What you will do: Report how many lines in the records below hold "GateFits", with no other output.

Exercise data:
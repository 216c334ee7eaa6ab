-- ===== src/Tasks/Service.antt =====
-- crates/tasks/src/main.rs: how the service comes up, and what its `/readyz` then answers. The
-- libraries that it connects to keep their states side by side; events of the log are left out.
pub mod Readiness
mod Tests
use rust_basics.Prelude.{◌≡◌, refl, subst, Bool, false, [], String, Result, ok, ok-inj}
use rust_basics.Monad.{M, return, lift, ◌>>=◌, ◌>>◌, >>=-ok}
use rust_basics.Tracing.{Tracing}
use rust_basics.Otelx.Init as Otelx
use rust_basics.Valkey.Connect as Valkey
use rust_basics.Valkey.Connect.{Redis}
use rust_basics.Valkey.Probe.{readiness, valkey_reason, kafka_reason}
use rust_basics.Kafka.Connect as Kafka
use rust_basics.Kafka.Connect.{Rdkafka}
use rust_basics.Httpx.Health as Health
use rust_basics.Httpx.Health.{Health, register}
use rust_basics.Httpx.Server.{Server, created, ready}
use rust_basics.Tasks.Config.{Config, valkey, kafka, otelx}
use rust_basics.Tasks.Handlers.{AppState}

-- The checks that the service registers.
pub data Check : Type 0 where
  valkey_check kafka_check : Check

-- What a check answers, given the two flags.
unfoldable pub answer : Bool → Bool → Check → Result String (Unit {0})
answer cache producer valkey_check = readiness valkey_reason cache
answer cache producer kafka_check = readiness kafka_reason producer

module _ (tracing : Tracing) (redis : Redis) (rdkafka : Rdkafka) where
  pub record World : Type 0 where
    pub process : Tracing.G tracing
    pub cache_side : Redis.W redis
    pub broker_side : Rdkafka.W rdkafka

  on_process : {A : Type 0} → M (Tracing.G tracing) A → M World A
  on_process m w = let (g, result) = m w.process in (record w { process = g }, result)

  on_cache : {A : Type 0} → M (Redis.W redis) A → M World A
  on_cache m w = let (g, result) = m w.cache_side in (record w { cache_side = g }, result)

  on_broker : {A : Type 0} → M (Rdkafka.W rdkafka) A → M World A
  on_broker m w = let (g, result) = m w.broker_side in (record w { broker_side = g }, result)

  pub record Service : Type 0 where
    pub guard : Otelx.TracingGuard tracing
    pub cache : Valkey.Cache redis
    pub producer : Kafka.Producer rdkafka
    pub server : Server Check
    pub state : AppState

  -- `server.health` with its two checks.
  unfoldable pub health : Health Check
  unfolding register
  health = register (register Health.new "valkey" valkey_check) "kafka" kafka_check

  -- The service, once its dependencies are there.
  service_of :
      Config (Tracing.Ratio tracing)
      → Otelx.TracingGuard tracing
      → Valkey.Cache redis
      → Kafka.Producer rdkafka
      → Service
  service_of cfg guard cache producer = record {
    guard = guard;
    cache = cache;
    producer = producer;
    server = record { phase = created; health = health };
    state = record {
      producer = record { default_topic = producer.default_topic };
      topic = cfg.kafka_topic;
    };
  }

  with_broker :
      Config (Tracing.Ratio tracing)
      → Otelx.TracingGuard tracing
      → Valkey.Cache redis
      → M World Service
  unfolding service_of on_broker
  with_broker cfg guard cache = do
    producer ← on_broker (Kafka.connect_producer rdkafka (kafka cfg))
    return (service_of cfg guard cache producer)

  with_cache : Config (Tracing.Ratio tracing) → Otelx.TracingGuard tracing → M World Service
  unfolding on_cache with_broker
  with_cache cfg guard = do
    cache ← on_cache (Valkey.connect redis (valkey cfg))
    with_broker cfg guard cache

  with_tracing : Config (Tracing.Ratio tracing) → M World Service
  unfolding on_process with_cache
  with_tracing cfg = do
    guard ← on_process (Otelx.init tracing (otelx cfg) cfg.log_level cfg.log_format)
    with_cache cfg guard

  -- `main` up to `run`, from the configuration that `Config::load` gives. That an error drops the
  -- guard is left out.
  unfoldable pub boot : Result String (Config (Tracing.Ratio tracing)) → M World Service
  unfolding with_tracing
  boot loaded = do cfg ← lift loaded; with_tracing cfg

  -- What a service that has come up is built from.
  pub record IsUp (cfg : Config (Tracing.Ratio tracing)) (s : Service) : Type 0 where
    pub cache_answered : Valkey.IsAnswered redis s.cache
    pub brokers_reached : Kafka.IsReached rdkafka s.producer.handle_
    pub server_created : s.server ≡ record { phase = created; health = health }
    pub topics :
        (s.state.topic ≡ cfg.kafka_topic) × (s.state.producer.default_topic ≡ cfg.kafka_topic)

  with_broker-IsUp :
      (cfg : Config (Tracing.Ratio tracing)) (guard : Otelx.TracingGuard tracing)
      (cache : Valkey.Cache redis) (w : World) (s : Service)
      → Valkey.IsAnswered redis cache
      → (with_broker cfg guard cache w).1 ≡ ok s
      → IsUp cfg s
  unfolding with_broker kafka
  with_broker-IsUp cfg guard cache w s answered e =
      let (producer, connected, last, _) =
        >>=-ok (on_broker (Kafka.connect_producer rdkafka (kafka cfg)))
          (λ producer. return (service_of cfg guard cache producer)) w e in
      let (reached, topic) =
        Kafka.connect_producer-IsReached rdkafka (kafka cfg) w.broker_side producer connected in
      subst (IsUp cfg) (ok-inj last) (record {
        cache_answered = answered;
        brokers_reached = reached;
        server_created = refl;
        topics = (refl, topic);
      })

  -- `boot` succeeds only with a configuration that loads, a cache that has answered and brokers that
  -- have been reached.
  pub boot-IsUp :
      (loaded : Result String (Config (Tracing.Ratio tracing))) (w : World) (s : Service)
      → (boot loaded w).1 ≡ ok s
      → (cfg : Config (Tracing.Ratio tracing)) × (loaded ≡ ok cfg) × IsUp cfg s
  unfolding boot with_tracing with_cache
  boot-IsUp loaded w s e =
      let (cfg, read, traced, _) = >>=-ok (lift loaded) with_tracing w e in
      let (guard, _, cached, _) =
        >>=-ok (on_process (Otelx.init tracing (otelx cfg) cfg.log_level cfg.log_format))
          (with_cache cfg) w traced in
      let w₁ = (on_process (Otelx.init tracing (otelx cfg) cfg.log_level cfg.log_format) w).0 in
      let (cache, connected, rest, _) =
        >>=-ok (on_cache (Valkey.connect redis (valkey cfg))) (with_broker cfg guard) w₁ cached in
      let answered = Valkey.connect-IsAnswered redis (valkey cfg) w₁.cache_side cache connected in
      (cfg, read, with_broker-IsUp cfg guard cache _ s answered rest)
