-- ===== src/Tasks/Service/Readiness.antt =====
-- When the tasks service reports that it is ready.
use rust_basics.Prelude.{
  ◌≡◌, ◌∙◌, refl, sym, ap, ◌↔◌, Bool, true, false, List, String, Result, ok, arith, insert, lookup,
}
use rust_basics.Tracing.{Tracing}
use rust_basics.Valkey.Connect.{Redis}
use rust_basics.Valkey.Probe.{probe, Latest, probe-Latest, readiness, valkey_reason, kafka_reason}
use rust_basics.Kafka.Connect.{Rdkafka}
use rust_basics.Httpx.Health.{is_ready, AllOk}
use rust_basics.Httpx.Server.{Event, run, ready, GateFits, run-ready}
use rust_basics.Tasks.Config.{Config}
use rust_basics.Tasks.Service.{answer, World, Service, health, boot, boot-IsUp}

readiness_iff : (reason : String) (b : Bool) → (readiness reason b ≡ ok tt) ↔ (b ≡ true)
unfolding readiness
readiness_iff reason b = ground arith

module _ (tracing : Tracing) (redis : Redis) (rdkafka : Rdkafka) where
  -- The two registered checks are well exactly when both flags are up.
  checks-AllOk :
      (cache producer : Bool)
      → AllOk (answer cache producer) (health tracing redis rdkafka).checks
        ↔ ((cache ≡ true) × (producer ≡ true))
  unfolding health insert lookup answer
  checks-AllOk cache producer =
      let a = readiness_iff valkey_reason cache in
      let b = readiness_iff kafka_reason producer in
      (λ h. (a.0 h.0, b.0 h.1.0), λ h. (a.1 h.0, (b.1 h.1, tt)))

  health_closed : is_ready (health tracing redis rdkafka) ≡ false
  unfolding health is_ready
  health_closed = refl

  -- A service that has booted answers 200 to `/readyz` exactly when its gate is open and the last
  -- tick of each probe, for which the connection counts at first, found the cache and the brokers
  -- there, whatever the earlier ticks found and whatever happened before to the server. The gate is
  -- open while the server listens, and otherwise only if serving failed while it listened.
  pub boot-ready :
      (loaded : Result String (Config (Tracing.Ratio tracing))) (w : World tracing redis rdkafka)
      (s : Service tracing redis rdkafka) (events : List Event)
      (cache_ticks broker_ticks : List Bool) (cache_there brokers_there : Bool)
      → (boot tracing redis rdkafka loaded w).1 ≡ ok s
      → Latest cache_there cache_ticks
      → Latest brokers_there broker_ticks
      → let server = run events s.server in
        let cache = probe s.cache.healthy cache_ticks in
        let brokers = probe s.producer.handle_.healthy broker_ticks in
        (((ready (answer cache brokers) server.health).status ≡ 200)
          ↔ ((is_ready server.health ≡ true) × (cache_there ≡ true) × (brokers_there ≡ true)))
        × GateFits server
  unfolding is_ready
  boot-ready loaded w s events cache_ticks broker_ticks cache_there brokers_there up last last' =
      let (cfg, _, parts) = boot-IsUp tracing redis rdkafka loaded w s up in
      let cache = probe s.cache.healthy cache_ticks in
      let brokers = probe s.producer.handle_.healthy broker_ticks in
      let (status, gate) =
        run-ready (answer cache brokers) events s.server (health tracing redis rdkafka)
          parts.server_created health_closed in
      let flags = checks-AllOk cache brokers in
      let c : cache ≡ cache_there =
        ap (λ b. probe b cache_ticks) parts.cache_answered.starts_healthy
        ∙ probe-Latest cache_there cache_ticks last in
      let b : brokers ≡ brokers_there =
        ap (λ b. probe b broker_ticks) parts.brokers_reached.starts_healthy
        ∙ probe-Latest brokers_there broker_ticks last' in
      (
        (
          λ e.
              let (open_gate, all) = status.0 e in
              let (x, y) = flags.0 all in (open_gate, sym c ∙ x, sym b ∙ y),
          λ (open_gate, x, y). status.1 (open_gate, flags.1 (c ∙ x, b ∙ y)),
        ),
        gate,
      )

Response area: 2